There’s no denying that both vitamin C and vitamin D can be beneficial for your skin — and yes, it’s totally fine (and encouraged) to use both. Each of these vitamins is what’s known as an antioxidant: They work to neutralize the damaging effects of pollution on the skin. The duo also has anti-inflammatory properties, which is just a fancy way of saying they counteract redness and swelling.

C and D both contribute to stronger, plumper skin as well — although they do this in slightly different ways. Vitamin C helps the skin build up its collagen stores (and we all know collagen = youthful skin), while vitamin D helps skin cells proliferate and repair themselves. And that’s where the similarities end. 

The Benefits of Vitamin C

If you’re looking for more even skin tone, or want to brighten any acne scars or hyperpigmentation, vitamin C should be your new go-to. “Vitamin C (ascorbic acid) is extremely powerful in correcting dark spots and scars thanks to its multifunctional properties,” Barbara Gavazzoli, the Director of Communication and Education for /skin regimen/, tells me. “It also interrupts the key steps of the production of melanin (melanogenesis) by inhibiting the action of the enzyme tyrosinase, thereby decreasing the melanin formation.” In other words, it can help fade existing scars and keep new ones from forming.

However, vitamin C can sometimes be harsh on sensitive or compromised skin — so tread lightly if this applies to you. It’s also considered “unstable,” meaning it breaks down when exposed to sunlight or left unused for too long a time. Because of this, the ingredient is most potent if delivered via serum (serums tend to penetrate the pores more deeply to deliver nutrients deep into the skin, whereas moisturizers form a protective layer on top of the skin).
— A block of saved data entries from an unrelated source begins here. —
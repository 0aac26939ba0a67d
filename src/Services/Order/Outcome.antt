-- ===== src/Services/Order/Outcome.antt =====
-- What CreateOrder of internal/services/order.go does on each of its branches, the reservation of the key
-- included.
use order_processing_system.Base.{
  ℕ, ◌≡◌, ◌≢◌, refl, ◌⊎◌, inl, inr, Bool, true, false, List, [], Bool-cases,
}
use order_processing_system.Models.{Text, Result, ok, err}
use order_processing_system.Database.{Engine}
use order_processing_system.Repository.Order.Ledger.{Consistent}
use order_processing_system.Repository.Order.Conservation.{Conserves}
use order_processing_system.Idempotency.{Store}
use order_processing_system.Services.Order.{
  OrderItemRequest, OrderResponse, OrderProcessor, Arithmetic, World, idempotency_ttl,
  has_duplicate, idempotency_key, reserved, create_order,
}
use order_processing_system.Services.Order.Place.{Accepted, Refused, PlaceOutcome, place-PlaceKeeps}

module _ {S Q : Type 0} (engine : Engine) (store : Store S) (processor : OrderProcessor Q)
    (hash : Text → Text) (float : Arithmetic) where
  -- How a refusal leaves the store: untouched for a cart that names a product twice, with the key held
  -- by another request, or with the key released.
  abbrev pub KeyFate : ℕ → List OrderItemRequest → World S Q → World S Q → Type 0
  KeyFate user_id items w w' =
      let key = idempotency_key hash user_id items in
      let (r, s) = store.reserve key idempotency_ttl w.store in
      ((has_duplicate [] items ≡ true) × (w'.store ≡ w.store))
      ⊎ ((has_duplicate [] items ≡ false) × (r ≡ ok false) × (w'.store ≡ s))
      ⊎ ((has_duplicate [] items ≡ false) × (r ≢ ok false) × (w'.store ≡ (store.release key s).1))

  abbrev pub OrderOutcome :
      ℕ → List OrderItemRequest → World S Q → Result OrderResponse × World S Q → Type 0
  OrderOutcome user_id items w (ok resp, w') =
      Accepted processor user_id items w w' resp
      × (has_duplicate [] items ≡ false)
      × ((store.reserve (idempotency_key hash user_id items) idempotency_ttl w.store).0 ≢ ok false)
      × (w'.store ≡ (store.reserve (idempotency_key hash user_id items) idempotency_ttl w.store).1)
  OrderOutcome user_id items w (err e, w') = Refused processor w w' × KeyFate user_id items w w'

  PlaceOutcome-OrderOutcome :
      (user_id : ℕ) (items : List OrderItemRequest) (w : World S Q)
      (p : Result OrderResponse × World S Q)
      → has_duplicate [] items ≡ false
      → (store.reserve (idempotency_key hash user_id items) idempotency_ttl w.store).0 ≢ ok false
      → PlaceOutcome engine store processor hash float
          (idempotency_key hash user_id items)
          user_id
          items
          (record w {
            store = (store.reserve (idempotency_key hash user_id items) idempotency_ttl w.store).1;
          })
          p
      → OrderOutcome user_id items w p
  PlaceOutcome-OrderOutcome user_id items w (ok resp, w') once free (a, s) = (
    record {
      taken = a.taken;
      unused = a.unused;
      pending = a.pending;
      owner = a.owner;
      queued = a.queued;
    },
    once,
    free,
    s,
  )
  PlaceOutcome-OrderOutcome user_id items w (err e, w') once free (same, s) =
      (same, inr (inr (once, free, s)))

  reserved-Keeps :
      (uuid : Text) (user_id : ℕ) (items : List OrderItemRequest) (w : World S Q) (r : Result Bool)
      → let key = idempotency_key hash user_id items in
        let answer = store.reserve key idempotency_ttl w.store in
        let p =
          reserved engine store processor hash float uuid key user_id items r
            (record w { store = answer.1 }) in
        answer.0 ≡ r
        → has_duplicate [] items ≡ false
        → Consistent w.db.tables w.db.seq
        → Conserves w.db.tables p.1.db.tables p.1.db.seq × OrderOutcome user_id items w p
  unfolding reserved
  reserved-Keeps uuid user_id items w (ok false) e once c =
      ((c, λ p. refl), ((refl, refl), inr (inl (once, e, refl))))
  reserved-Keeps uuid user_id items w (ok true) e once c =
      let key = idempotency_key hash user_id items in
      let w' = record w { store = (store.reserve key idempotency_ttl w.store).1 } in
      let (k, o) = place-PlaceKeeps engine store processor hash float uuid key user_id items w' c in
      (k, PlaceOutcome-OrderOutcome user_id items w _ once (λ f. cc) o)
  reserved-Keeps uuid user_id items w (err x) e once c =
      let key = idempotency_key hash user_id items in
      let w' = record w { store = (store.reserve key idempotency_ttl w.store).1 } in
      let (k, o) = place-PlaceKeeps engine store processor hash float uuid key user_id items w' c in
      (k, PlaceOutcome-OrderOutcome user_id items w _ once (λ f. cc) o)

  create_order-Keeps :
      (uuid : Text) (user_id : ℕ) (items : List OrderItemRequest) (w : World S Q)
      → Consistent w.db.tables w.db.seq
      → let p = create_order engine store processor hash float uuid user_id items w in
        Conserves w.db.tables p.1.db.tables p.1.db.seq × OrderOutcome user_id items w p
  unfolding create_order
  create_order-Keeps uuid user_id items w c = elim (Bool-cases (has_duplicate [] items)) [
    | inl twice ↦ rw twice ((c, λ p. refl), ((refl, refl), inl (twice, refl)))
    | inr once ↦ rw once (reserved-Keeps uuid user_id items w _ refl once c)
  ]

  -- CreateOrder of the service on every branch, on consistent tables: an accepted cart has taken
  -- the requested units, has a new pending order under the returned id for the caller, and is
  -- queued once with its key kept; a refused one leaves the tables and the queue, and the store is
  -- untouched if the cart names a product twice, is as the reservation left it if that was refused,
  -- and is as the release left it in every other case.
  pub create_order-outcome :
      (uuid : Text) (user_id : ℕ) (items : List OrderItemRequest) (w : World S Q)
      → Consistent w.db.tables w.db.seq
      → OrderOutcome user_id items w
          (create_order engine store processor hash float uuid user_id items w)
  create_order-outcome uuid user_id items w c = (create_order-Keeps uuid user_id items w c).1

  -- On consistent tables CreateOrder of the service keeps them consistent and loses no unit of
  -- stock, whatever the store, the processor and the database answer.
  pub place_order-Conserves :
      (uuid : Text) (user_id : ℕ) (items : List OrderItemRequest) (w : World S Q)
      → Consistent w.db.tables w.db.seq
      → let w' = (create_order engine store processor hash float uuid user_id items w).1 in
        Conserves w.db.tables w'.db.tables w'.db.seq
  place_order-Conserves uuid user_id items w c = (create_order-Keeps uuid user_id items w c).0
And as with any perishable, it helps to store your vitamin C serums in the fridge!

The Benefits of Vitamin D

Those with sensitive or irritated skin will do better with a daily dose of vitamin D. Just like it’s known for strengthening your bones when taken internally, D strengthens your skin when applied externally. “Vitamin D is protecting the skin from environmental assaults, fortifies skin barrier, and helps in the natural skin renewal process,” Dr. Marko Lens, the founder of Zelens, tells Nécessité. 

Studies have shown that topical vitamin D even helps soothe symptoms of psoriasis and other disorders that involve dry, flaky skin. (I personally use a vitamin D spray when my dermatitis is acting up, and the rash goes down within a day.) The best part? “There’s no risk at all,” Dr. Lens says. “All skin types can use it.”

So, Which One Should You Use?

Both vitamins are guaranteed to level up your skincare game and result in calm, clear skin; but Vitamin C is better suited to fade scarring and hyperpigmentation and give you an overall glow, while Vitamin D is ideal for strengthening sensitive or reactive skin.